Reise in mehrere Richtungen – Friedemann Karig: Dschungel

Felix ist verschwunden. Seit ein paar Monaten ist er in Kambodscha unterwegs. Nun gibt es seit ca. zwei Wochen kein Lebenszeichen mehr von ihm, weder bei seinem Freund, dem Erzähler des Romans, noch bei seiner Mutter hat er sich gemeldet. Diese ist es auch, die den Freund nun auffordert, Felix zu suchen, wobei es sich dabei auch ein Stück weit um emotionale Erpressung handelt. So kann der Freund nicht anders, obwohl ihm eigentlich überhaupt nicht danach ist, und er auch nicht der Typ dafür ist, allein so weit weg und ins Ungewisse zu reisen. Zurück lässt er seine Freundin Lea, die vergeblich versucht, ihn von seinem Vorhaben abzubringen. Sie ist nicht nur deshalb dagegen, weil sie ihren Freund vermissen wird, sondern auch, weil sie Felix schon gut kennengelernt hat und glaubt, dass er manipulativ ist und ihrem Freund eigentlich nicht guttut.

In abwechselnden Kapiteln erfahren wir einerseits, was der Ich-Erzähler auf seiner Reise in Kambodscha erlebt und lesen andererseits von der Freundschaft der beiden, die in ihrer Kindheit angefangen hat.

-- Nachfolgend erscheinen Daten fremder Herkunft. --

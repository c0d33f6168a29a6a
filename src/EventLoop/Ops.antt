-- ===== src/EventLoop/Ops.antt =====
-- httptest-geektime/lib/event_loop.c, channel.c and the choice of thread_pool.c, with names as there
-- less the prefix event_loop_. `none` is a run that C does not define (a NULL or a place outside an
-- array is read) or that an assert stops. The lock orders the callers and has no model of its own:
-- each operation is one step.
use cpp_example_code.Base.{
  ℕ, zero, suc, ◌+◌, Bool, true, false, ◌&&◌, ◌||◌, not, Option, none, some, List, [], ◌∷◌, ◌++◌,
  bit_and, bit_or,
}
use cpp_example_code.Base.Tests.{leb, ◌==◌, if◌then◌else◌}
use cpp_example_code.Base.Lists.{get_or, set}
use cpp_example_code.Base.Loops.{assign}
use cpp_example_code.Base.Int.{ℤ, pos, negsuc}
use cpp_example_code.EventLoop.State.{
  Addr, null, is_negative, event_read, event_write, Channel, Dispatcher, EventLoop,
}
use cpp_example_code.EventLoop.Map.{map_make_space, channel_at}
use cpp_example_code.EventLoop.Poll.{has_bits}

-- `sizeof(struct channel *)`
abbrev pub pointer_size : ℕ
pointer_size = 8

-- the calls of an activated channel's callbacks, with the data given
pub data Callback : Type 0 where
  calls_read : Addr → Callback
  calls_write : Addr → Callback

-- `channel_new`, where there is memory
unfoldable pub channel_new : ℕ → ℕ → Bool → Bool → Addr → Channel
channel_new fd events reads writes data_at = record {
  fd = fd;
  events = events;
  read_callback = reads;
  write_callback = writes;
  callback_data = data_at;
}

-- `channel_write_event_is_enabled`, as a test
unfoldable pub channel_write_event_is_enabled : Channel → Bool
channel_write_event_is_enabled c = has_bits c.events event_write

module _ {S : Type 0} where
  -- `e` is what malloc gives.
  unfoldable pub channel_buffer_nolock : Addr → EventLoop S → Addr → ℕ → EventLoop S
  channel_buffer_nolock e l a type =
      let elements = assign l.elements e (record { type = type; channel = a; next = null }) in
      if l.pending_head == null
      then record l { elements = elements; pending_head = e; pending_tail = e }
      else record l {
        elements = assign elements l.pending_tail (record (elements l.pending_tail) { next = e });
        pending_tail = e;
      }

  unfoldable pub wakeup : EventLoop S → EventLoop S
  wakeup l = record l { wakeups = l.wakeups + 1 }

  unfoldable pub channel_event_activate : EventLoop S → ℕ → ℕ → Option (ℤ × List Callback)
  channel_event_activate l fd revents =
      if is_negative fd
      then some (pos 0, [])
      else if leb l.channel_map.nentries fd
      then some (negsuc 0, [])
      else let a = channel_at l.channel_map fd in
        let c = l.channels a in
        if a == null
        then none
        else if not (fd == c.fd)
        then none
        else some (
          pos 0,
          (if has_bits revents event_read && c.read_callback
                then calls_read c.callback_data ∷ []
                else [])
              ++ (if has_bits revents event_write && c.write_callback
                  then calls_write c.callback_data ∷ []
                  else []),
        )

module _ {S : Type 0} (d : Dispatcher S) where
  -- `granted` is what realloc answers.
  unfoldable pub handle_pending_add : Bool → EventLoop S → ℕ → Addr → Option (ℤ × EventLoop S)
  handle_pending_add granted l fd a =
      if is_negative fd
      then some (pos 0, l)
      else elim (map_make_space granted l.channel_map fd pointer_size) [
        | none ↦ none
        | some (false, map) ↦ some (negsuc 0, l)
        | some (true, map) ↦
            if channel_at map fd == null
            then some (
              pos 1,
              record l {
                channel_map = record map { entries = set map.entries fd a };
                event_dispatcher_data = d.add l.event_dispatcher_data (l.channels a);
              },
            )
            else some (pos 0, record l { channel_map = map })
      ]

  unfoldable pub handle_pending_remove : EventLoop S → ℕ → Addr → Option (ℤ × EventLoop S)
  handle_pending_remove l fd a =
      if not (fd == (l.channels a).fd)
      then none
      else if is_negative fd
      then some (pos 0, l)
      else if leb l.channel_map.nentries fd
      then some (negsuc 0, l)
      else if channel_at l.channel_map fd == null
      then none
      else let (failed, left) =
          d.del l.event_dispatcher_data (l.channels (channel_at l.channel_map fd)) in
        some (
          if failed then negsuc 0 else pos 1,
          record l {
            channel_map = record l.channel_map { entries = set l.channel_map.entries fd null };
            event_dispatcher_data = left;
          },
        )

  -- It returns nothing where it updates.
  unfoldable pub handle_pending_update : EventLoop S → ℕ → Addr → Option (Option ℤ × EventLoop S)
  handle_pending_update l fd a =
      if is_negative fd
      then some (some (pos 0), l)
      else if leb l.channel_map.nentries fd
      then none
      else if channel_at l.channel_map fd == null
      then some (some (negsuc 0), l)
      else some (
        none,
        record l { event_dispatcher_data = d.update l.event_dispatcher_data (l.channels a) },
      )

  -- one round of `event_loop_handle_pending_channel`, for an element's type and channel
  unfoldable pub handle_change : Bool → ℕ → Addr → EventLoop S → Option (EventLoop S)
  handle_change granted type a l =
      let fd = (l.channels a).fd in
      if type == 1
      then (elim (handle_pending_add granted l fd a) [ none ↦ none | some (_, l') ↦ some l' ])
      else if type == 2
      then (elim (handle_pending_remove l fd a) [ none ↦ none | some (_, l') ↦ some l' ])
      else if type == 3
      then (elim (handle_pending_update l fd a) [ none ↦ none | some (_, l') ↦ some l' ])
      else some l

  -- the loop, from an element on; `grants` is what realloc answers for each of them
  unfoldable pub handle_from : ℕ → (Addr → Bool) → Addr → EventLoop S → Option (EventLoop S)
  handle_from zero grants e l = none
  handle_from (suc fuel) grants e l =
      if e == null
      then some l
      else elim (handle_change (grants e) (l.elements e).type (l.elements e).channel l) [
        | none ↦ none
        | some l' ↦ handle_from fuel grants (l'.elements e).next l'
      ]

  unfoldable pub handle_pending_channel : ℕ → (Addr → Bool) → EventLoop S → Option (EventLoop S)
  handle_pending_channel fuel grants l =
      elim (handle_from fuel grants l.pending_head (record l { is_handle_pending = true })) [
        | none ↦ none
        | some l' ↦
            some (record l' { pending_head = null; pending_tail = null; is_handle_pending = false })
      ]

  unfoldable pub do_channel_event :
      ℕ → (Addr → Bool) → Bool → Addr → EventLoop S → Addr → ℕ → Option (EventLoop S)
  do_channel_event fuel grants same_thread e l a type =
      if l.is_handle_pending
      then none
      else if not same_thread
      then some (wakeup (channel_buffer_nolock e l a type))
      else handle_pending_channel fuel grants (channel_buffer_nolock e l a type)

  -- the channel's events with EVENT_WRITE, and the change posted
  unfoldable pub channel_write_event_enable :
      ℕ → (Addr → Bool) → Bool → Addr → EventLoop S → Addr → Option (EventLoop S)
  channel_write_event_enable fuel grants same_thread e l a =
      let c = l.channels a in
      do_channel_event fuel grants same_thread e
        (record l {
          channels = assign l.channels a (record c { events = bit_or c.events event_write });
        })
        a 3

  -- and without it: `& ~EVENT_WRITE` leaves the other 31 bits
  unfoldable pub channel_write_event_disable :
      ℕ → (Addr → Bool) → Bool → Addr → EventLoop S → Addr → Option (EventLoop S)
  channel_write_event_disable fuel grants same_thread e l a =
      let c = l.channels a in
      do_channel_event fuel grants same_thread e
        (record l {
          channels = assign l.channels a (record c { events = bit_and c.events 4294967291 });
        })
        a 3

-- `struct thread_pool`, whose threads have their event loops
pub record ThreadPool : Type 0 where
  pub main_loop : Addr
  pub started : Bool
  pub thread_number : ℕ
  pub event_loops : List Addr
  pub position : ℕ

-- `thread_pool_get_loop`, called in the main thread
unfoldable pub thread_pool_get_loop : ThreadPool → Option (Addr × ThreadPool)
thread_pool_get_loop t =
    if not t.started
    then none
    else if leb t.thread_number 0 || is_negative t.thread_number
    then some (t.main_loop, t)
    else some (
      get_or t.event_loops t.position null,
      record t { position = if leb t.thread_number (t.position + 1) then 0 else t.position + 1 },
    )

Schon immer war es eine ungleiche Freundschaft, auch Phasen der Funkstille hat es gegeben, doch letztlich hat die Freundschaft bis heute gehalten. In Kambodscha reist der Erzähler zunächst in das Hostel, aus dem Felix sein letztes Lebenszeichen gegeben hat und versucht dann mit Hilfe der Menschen dort herauszufinden, wo es den Freund hin verschlagen hat. So begegnet er Leuten, denen er sonst wahrscheinlich nie begegnet wäre und muss wiederholt über seinen Schatten springen.

„Dschungel“ von Friedemann Karig ist eine Reise in den Dschungel Kambodschas einerseits, und wenn man so will, in den Dschungel der Kindheit und Jugend andererseits. Die Reise geht also in zwei Richtungen, immer auf der Suche nach Antworten auf Fragen, die der Erzähler sich im Zusammenhang mit Felix, aber auch dem eigenen Leben stellt. Die beiden haben sehr unterschiedliche Vorstellungen davon, wie sie leben wollen. Felix träumt von einer Art Aussteigerleben, für das der Ich-Erzähler eigentlich nicht gemacht ist.

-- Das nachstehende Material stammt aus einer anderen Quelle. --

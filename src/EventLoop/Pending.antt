-- ===== src/EventLoop/Pending.antt =====
-- The queue of pending changes: who posts appends, who handles goes through it in order.
use cpp_example_code.Base.{
  ℕ, zero, suc, ◌+◌, ◌≤◌, ◌<◌, ◌≡◌, refl, sym, ap, ◌∙◌, inl, inr, Bool, true, false, Option, none,
  some, List, [], ◌∷◌, ◌++◌, arith,
}
use mathlib.Core.Path.{subst}
use cpp_example_code.Base.Tests.{◌==◌, if◌then◌else◌, Bool-cases, Option-cases, ==→eq, ==_refl}
use cpp_example_code.Base.Lists.{length, length-append}
use cpp_example_code.Base.Loops.{assign, assign_self, assign_other}
use cpp_example_code.Base.Occurs.{one_if, occurs, last_or, occurs-last_or, ne_of_occurs}
use cpp_example_code.EventLoop.State.{
  Addr, null, Channel, ChannelMap, Element, Dispatcher, EventLoop,
}
use cpp_example_code.EventLoop.Ops.{
  handle_pending_add, handle_pending_remove, handle_pending_update, handle_change, handle_from,
  handle_pending_channel, channel_buffer_nolock, wakeup, do_channel_event,
}

-- The `next` pointers lead from `a` through the elements `xs` to NULL.
abbrev pub Chained : (Addr → Element) → Addr → List Addr → Type 0
Chained els a [] = a ≡ null
Chained els a (x ∷ xs) = (a ≡ x) × (0 < x) × Chained els (els x).next xs

-- the last element, NULL where there is none
abbrev last_of : List Addr → Addr
last_of [] = null
last_of (x ∷ xs) = last_or x xs

-- a change, as it was posted: its type and its channel
abbrev pub change_of : (Addr → Element) → Addr → ℕ × Addr
change_of els e = ((els e).type, (els e).channel)

module _ {S : Type 0} where
  -- The queue holds the elements `xs`, each once, from its head to its tail.
  pub record IsQueue (l : EventLoop S) (xs : List Addr) : Type 0 where
    pub chained : Chained l.elements l.pending_head xs
    pub once : (a : Addr) → occurs a xs ≤ 1
    pub tail : l.pending_tail ≡ last_of xs

-- Elements that are not on the chain do not matter.
Chained-frame :
    (els els' : Addr → Element) (a : Addr) (xs : List Addr)
    → ((c : Addr) → 0 < occurs c xs → (els' c).next ≡ (els c).next)
    → Chained els a xs
    → Chained els' a xs
Chained-frame els els' a [] same c = c
Chained-frame els els' a (x ∷ xs) same (e, proper, rest) = (
  e,
  proper,
  Chained-frame els els' (els' x).next xs (λ c h. same c (omega arith))
      (subst (λ t. Chained els t xs) (sym (same x (ground (arith, ==_refl x)))) rest),
)

-- what the queue's elements ask for
abbrev pub changes_of : (Addr → Bool) → (Addr → Element) → List Addr → List (Bool × ℕ × Addr)
changes_of grants els [] = []
changes_of grants els (e ∷ xs) =
    (grants e, (els e).type, (els e).channel) ∷ changes_of grants els xs

module _ {S : Type 0} where
  -- the queue's fields after it has been handled
  abbrev pub emptied : EventLoop S → EventLoop S
  emptied l = record l { pending_head = null; pending_tail = null; is_handle_pending = false }

module _ {S : Type 0} (d : Dispatcher S) where
  handle_change_elements :
      (granted : Bool) (type : ℕ) (a : Addr) (l l' : EventLoop S)
      → handle_change d granted type a l ≡ some l'
      → l'.elements ≡ l.elements
  unfolding handle_change handle_pending_add handle_pending_remove handle_pending_update
  handle_change_elements granted type a l l' e = ground arith

  -- The changes carried out one after the other, each with realloc's answer.
  unfoldable pub apply_changes : List (Bool × ℕ × Addr) → EventLoop S → Option (EventLoop S)
  apply_changes [] l = some l
  apply_changes ((granted, type, a) ∷ changes) l = elim (handle_change d granted type a l) [
    | none ↦ none
    | some l' ↦ apply_changes changes l'
  ]

  handle_from-changes :
      (fuel : ℕ) (grants : Addr → Bool) (els : Addr → Element) (e : Addr) (xs : List Addr)
      (l : EventLoop S)
      → l.elements ≡ els
      → Chained els e xs
      → length xs < fuel
      → handle_from d fuel grants e l ≡ apply_changes (changes_of grants els xs) l
  unfolding handle_from apply_changes
  handle_from-changes zero grants els e xs l same chain enough = absurd (omega arith)
  handle_from-changes (suc fuel) grants els e [] l same at enough =
      let stop : (e == null) ≡ true = ground (arith, at) in rw stop refl
  handle_from-changes (suc fuel) grants els e (x ∷ xs) l same (at, proper, rest) enough =
      let go : (e == null) ≡ false = ground arith in
      let typed : (l.elements e).type ≡ (els x).type =
        ap (λ t. (t e).type) same ∙ ap (λ t. (els t).type) at in
      let meant : (l.elements e).channel ≡ (els x).channel =
        ap (λ t. (t e).channel) same ∙ ap (λ t. (els t).channel) at in
      rw (go, typed, meant, ap grants at, handle_from)
        (elim (Option-cases (handle_change d (grants x) (els x).type (els x).channel l)) [
          | inl stuck ↦ rw (stuck, apply_changes) refl
          | inr (l', done) ↦
              let same' : l'.elements ≡ els =
                handle_change_elements (grants x) (els x).type (els x).channel l l' done ∙ same in
              let next : (l'.elements e).next ≡ (els x).next =
                ap (λ t. (t e).next) same' ∙ ap (λ t. (els t).next) at in
              rw (done, next, apply_changes)
                (handle_from-changes fuel grants els (els x).next xs l' same' rest (omega arith))
        ])

  -- `event_loop_handle_pending_channel` carries out every posted change once, in the order in which
  -- they were posted, and empties the queue.
  pub handle_pending_channel-apply_changes :
      (fuel : ℕ) (grants : Addr → Bool) (l : EventLoop S) (xs : List Addr)
      → IsQueue l xs
      → length xs < fuel
      → handle_pending_channel d fuel grants l
        ≡ (elim (apply_changes
            (changes_of grants l.elements xs)
            (record l { is_handle_pending = true })) [ none ↦ none | some l' ↦ some (emptied l') ])
  unfolding handle_pending_channel
  handle_pending_channel-apply_changes fuel grants l xs queue enough =
      rw
        (
          handle_from-changes fuel grants l.elements l.pending_head xs
              (record l { is_handle_pending = true }) refl queue.chained enough,
          handle_pending_channel,
        )
        refl

Chained-append :
    (els els' : Addr → Element) (a x : Addr) (xs : List Addr) (e : Addr)
    → Chained els a (x ∷ xs)
    → ((c : Addr) → occurs c (x ∷ xs) ≤ 1)
    → ((c : Addr)
        → 0 < occurs c (x ∷ xs)
        → (c == last_or x xs) ≡ false
        → (els' c).next ≡ (els c).next)
    → (els' (last_or x xs)).next ≡ e
    → (els' e).next ≡ null
    → 0 < e
    → Chained els' a (x ∷ (xs ++ (e ∷ [])))
Chained-append els els' a x [] e (at, proper, end) once other last ends new =
    (at, proper, (last, new, ends))
Chained-append els els' a x (y ∷ ys) e (at, proper, rest) once other last ends new =
    let inner : (x == last_or y ys) ≡ false = elim (Bool-cases (x == last_or y ys)) [
      | inl same ↦
          let twice : 0 < occurs x (y ∷ ys) =
            subst (λ t. 0 < occurs t (y ∷ ys)) (sym (==→eq x (last_or y ys) same))
              (occurs-last_or y ys) in
          absurd (ground (arith, once x, ==_refl x))
      | inr differ ↦ differ
    ] in
    let next : (els' x).next ≡ (els x).next = other x (ground (arith, ==_refl x)) inner in
    (
      at,
      proper,
      subst (λ t. Chained els' t (y ∷ (ys ++ (e ∷ [])))) (sym next)
          (Chained-append els els' (els x).next y ys e rest (λ c. omega (arith, once c))
            (λ c h differ. other c (omega arith) differ) last ends new),
    )

last_of_append : (xs : List Addr) (e : Addr) → last_of (xs ++ (e ∷ [])) ≡ e
last_of_append [] e = refl
last_of_append (x ∷ []) e = refl
last_of_append (x ∷ y ∷ ys) e = last_of_append (y ∷ ys) e

occurs-snoc :
    (c : Addr) (xs : List Addr) (e : Addr)
    → occurs c (xs ++ (e ∷ [])) ≡ occurs c xs + one_if (c == e)
occurs-snoc c [] e = omega arith
occurs-snoc c (x ∷ xs) e = omega (arith, occurs-snoc c xs e)

module _ {S : Type 0} where
  -- what a posted change leaves alone
  abbrev pub rest_of : EventLoop S → S × ChannelMap × (Addr → Channel) × Bool × ℕ
  rest_of l = (l.event_dispatcher_data, l.channel_map, l.channels, l.is_handle_pending, l.wakeups)

  -- What posting does: the new element comes last, the elements before it ask for what they asked for, and
  -- the loop is otherwise as it was.
  pub record Posted (l : EventLoop S) (xs : List Addr) (e : Addr) (a : Addr) (type : ℕ)
      (after : EventLoop S) : Type 0 where
    pub queue : IsQueue after (xs ++ (e ∷ []))
    pub newest : change_of after.elements e ≡ (type, a)
    pub older : (c : Addr) → 0 < occurs c xs → change_of after.elements c ≡ change_of l.elements c
    pub same : rest_of after ≡ rest_of l

  -- `event_loop_channel_buffer_nolock` appends the change to the queue, if malloc gives an address that is
  -- not in the queue.
  pub channel_buffer_nolock-Posted :
      (l : EventLoop S) (xs : List Addr) (e a : Addr) (type : ℕ)
      → IsQueue l xs
      → 0 < e
      → occurs e xs ≡ 0
      → Posted l xs e a type (channel_buffer_nolock e l a type)
  unfolding channel_buffer_nolock
  channel_buffer_nolock-Posted l [] e a type queue new fresh =
      let first : (l.pending_head == null) ≡ true = ground (arith, queue.chained) in
      rw first (record {
        queue = record {
          chained = (refl, new, ap (λ t. t.next) (assign_self l.elements e _));
          once = λ c. ground arith;
          tail = refl;
        };
        newest = ap (λ t. (t.type, t.channel)) (assign_self l.elements e _);
        older = λ c h. absurd (omega arith);
        same = refl;
      })
  channel_buffer_nolock-Posted l (x ∷ xs) e a type queue new fresh =
      let more : (l.pending_head == null) ≡ false =
        ground (arith, queue.chained.0, queue.chained.1) in
      let t = l.pending_tail in
      let at_end : t ≡ last_or x xs = queue.tail in
      let inside : 0 < occurs t (x ∷ xs) =
        subst (λ t. 0 < occurs t (x ∷ xs)) (sym at_end) (occurs-last_or x xs) in
      let apart = ne_of_occurs e t (x ∷ xs) fresh inside in
      let newest : Element = record { type = type; channel = a; next = null } in
      let els = assign l.elements e newest in
      let els' = assign els t (record (els t) { next = e }) in
      let other : (c : Addr) → 0 < occurs c (x ∷ xs) → els c ≡ l.elements c = λ c h.
        assign_other l.elements e c newest
          (let differ = ne_of_occurs e c (x ∷ xs) fresh h in ground arith) in
      let new_one : els' e ≡ newest =
        assign_other els t e (record (els t) { next = e }) apart
        ∙ assign_self l.elements e newest in
      rw more (record {
        queue = record {
          chained =
              Chained-append l.elements els' l.pending_head x xs e queue.chained queue.once
                (λ c h differ.
                  ap (λ t. t.next)
                    (assign_other els t c (record (els t) { next = e })
                        (ap (λ q. c == q) at_end ∙ differ)
                      ∙ other c h))
                (ap (λ c. (els' c).next) (sym at_end)
                  ∙ ap (λ t. t.next) (assign_self els t (record (els t) { next = e })))
                (ap (λ t. t.next) new_one) new;
          once = λ c. elim (Bool-cases (c == e)) [
            | inl same ↦
                let none_there : occurs c (x ∷ xs) ≡ 0 =
                  ap (λ c. occurs c (x ∷ xs)) (==→eq c e same) ∙ fresh in
                ground (arith, occurs-snoc c (x ∷ xs) e)
            | inr differ ↦ ground (arith, occurs-snoc c (x ∷ xs) e, queue.once c)
          ];
          tail = sym (last_of_append (x ∷ xs) e);
        };
        newest = ap (λ t. (t.type, t.channel)) new_one;
        older = λ c h. elim (Bool-cases (c == t)) [
          | inl here ↦
              let same = ==→eq c t here in
              ap (change_of els') same
              ∙ ap (λ t. (t.type, t.channel)) (assign_self els t (record (els t) { next = e }))
              ∙ sym (ap (change_of els) same)
              ∙ ap (λ t. (t.type, t.channel)) (other c h)
          | inr differ ↦
              ap (λ t. (t.type, t.channel))
                (assign_other els t c (record (els t) { next = e }) differ ∙ other c h)
        ];
        same = refl;
      })

module _ {S : Type 0} (d : Dispatcher S) where
  -- What posting from another thread does: the change is queued, and one byte wakes the loop up.
  -- In the loop's own thread the change is carried out at once, behind those that were queued.
  pub do_channel_event-queued :
      (fuel : ℕ) (grants : Addr → Bool) (l : EventLoop S) (xs : List Addr) (e a : Addr) (type : ℕ)
      → l.is_handle_pending ≡ false
      → IsQueue l xs
      → 0 < e
      → occurs e xs ≡ 0
      → length xs + 1 < fuel
      → (do_channel_event d fuel grants false e l a type
          ≡ some (wakeup (channel_buffer_nolock e l a type)))
        × (do_channel_event d fuel grants true e l a type
            ≡ (elim (apply_changes d
                (changes_of grants (channel_buffer_nolock e l a type).elements (xs ++ (e ∷ [])))
                (record (channel_buffer_nolock e l a type) { is_handle_pending = true })) [
                  | none ↦ none
                  | some l' ↦ some (emptied l')
                ]))
  unfolding do_channel_event
  do_channel_event-queued fuel grants l xs e a type idle queue new fresh enough =
      let posted = channel_buffer_nolock-Posted l xs e a type queue new fresh in
      (
        rw (idle, do_channel_event) refl,
        ap
              (λ t.
                if t
                then none
                else handle_pending_channel d fuel grants (channel_buffer_nolock e l a type))
              idle
            ∙ (handle_pending_channel-apply_changes d fuel grants (channel_buffer_nolock e l a type)
                (xs ++ (e ∷ [])) posted.queue (omega (arith, length-append xs (e ∷ [])))),
      )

Karig gelingt es gut, die Hitze und die Atmosphäre, in der sich die Backpacker in Kambodscha befinden, zum Ausdruck zu bringen. Es sind junge Leute aus aller Welt, die von einem einfachen Leben träumen, mit Drogen experimentieren und möglichst nicht an Morgen denken wollen. Menschen, die es sich aber auf der anderen Seite leisten können, um die halbe Welt zu fliegen und dabei genau genommen selbst zu einem Teil des Klimaproblems werden, das sie doch eigentlich bekämpfen bzw. eher noch hinter sich lassen wollen.

Auch die Freundschaft zwischen den beiden Freunden schildert der Autor auf packende Weise. Er arbeitet viel mit Cliffhängern an den Enden der jeweiligen Kapitel, reizt das vielleicht ein bisschen zu sehr aus, ich habe es aber nicht als unangenehm empfunden, da die jeweiligen Situationen doch meist recht schnell aufgelöst wurden und die Geschichte stets schnell weiter erzählt wurde.

Mag sein, dass der Ich-Erzähler sich ab und zu ein bisschen zu sehr in seinen Betrachtungen verliert, dass er zuweilen am Kitsch vorbeischrammt. Mich hat das alles nicht gestört, da „Dschungel“ mich gepackt und unterhalten hat, mich entführt hat in eine andere Welt, in einer Zeit, in der man nur gedanklich verreisen kann und mich hineingezogen hat in ein ungesundes Beziehungsgeflecht. So ist „Dschungel“ ein durchaus überzeugendes Debüt, ein Roman über Freundschaft, Beziehungen und über das Erwachsenwerden.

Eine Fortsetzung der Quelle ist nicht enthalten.